Wenn auch nicht mehr aktuell, so doch interessant zu lesen.

Toll finde ich, dass der Verband MV zumindest seine Mitglieder recht ausführlich informiert. Das kennt man so von vielen anderen Verbänden nicht.

Inhaltlich muss man sich einiges auf der Zunge zergehen lassen. Das soll keine Kritik am Verband MV sein, denn man schreibt ja ziemlich offen und das finde ich gut.

Aber:

Von 20 vertretenen Landesverbänden stimmten 8 für eine Fusion noch in 2012. 9 Verbände stimmten für eine zeitliche Verschiebung. Klare demokratische Aussage, sollte man meinen.

Dann:

Leider hat das Präsidium des VDSF nicht erkannt, dass die überwiegende Mehrheit aller Landesverbände eine Fusion noch in diesem Jahr anstreben.

Jut, ist auch schwer, das bei 8 pro und 9 contra Stimmen zu erkennen.

Aber selbst das VDSF-Präsidium ist ja lernfähig. In der Presseerklärung stellt das VDSF-Präsidium dann endlich fest, dass 8 pro und 9 contra Stimmen den "einhelligen Wunsch zu einer Vereinigung der Deutschen Anglerschaft" ausdrücken.

Das erschließt sich einem durchschnittlich mathematikbegabten Angler nicht sofort, weil die in der Grundschule ja beigebracht bekommen, dass 9 größer ist als 8. 

Erklärbar wird das dann im Nachgang, wo es heißt, dass

"Bestreben jeglicher Art auf weitere Zersplitterung der Kraft der deutschen, organisierten Anglerschaft den Interessen der Mitglieder zuwider laufen". 

Aha !! 9 ist also doch größer als 8. Allerdings hat der blöde Grundschüler die wenn-dann Ausnahme nicht kapiert.
Wenn nämlich 9 größer ist als 8, dann ist 9 subversives Intrigantentum und wandelt sich automatisch in 0 um.

In Tat und Wahrheit steht es also nicht 8:9, sondern 8:0.
Und jetzt stimmt die Aussage der Einhelligkeit ja wieder.

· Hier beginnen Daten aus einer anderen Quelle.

-- ===== src/Transport/Serial/Line.antt =====
-- The settings of a serial line (src/transport/serial.rs).
use rust_modbus.Prelude.{ℕ}

pub data DataBits : Type 0 where
  five six seven eight : DataBits

pub data Parity : Type 0 where
  none odd even : Parity

pub data StopBits : Type 0 where
  one two : StopBits

pub data FlowControl : Type 0 where
  none software hardware : FlowControl

unfoldable pub data_bit_count : DataBits → ℕ
data_bit_count five = 5
data_bit_count six = 6
data_bit_count seven = 7
data_bit_count eight = 8

unfoldable pub parity_bit_count : Parity → ℕ
parity_bit_count Parity.none = 0
parity_bit_count odd = 1
parity_bit_count even = 1

unfoldable pub stop_bit_count : StopBits → ℕ
stop_bit_count one = 1
stop_bit_count two = 2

Denkste, so einfach ist höhere Verbandsmathematik nicht.

Denn es heißt ja weiter, dass das VDSF-Präsidium festgestellt hat, dass es im VDSF keine Satzungsändernde Mehrheit für eine Fusion noch in 2012 gibt. Und das auch der Versuch der Initiativverbände, die *unentschlossenen* Landesverbände umzustimmen, keine erforderliche Mehrheit brachte.

(Kleiner Ausflug in die Diktion:

Unentschlossen bedeutet allgemein, man weiß nicht so genau was man will. Aha, wieder was gelernt. Die 9 Contrastimmen waren ja gar nicht gegen eine Fusion, nein, die waren nur unentschlossen.

Er:" Schatz, es kommt gar nicht in Frage, dass Du Dir diese sauteuren Schuhe kaufst"
Sie: " Hach, sei doch nicht immer so unentschlossen".)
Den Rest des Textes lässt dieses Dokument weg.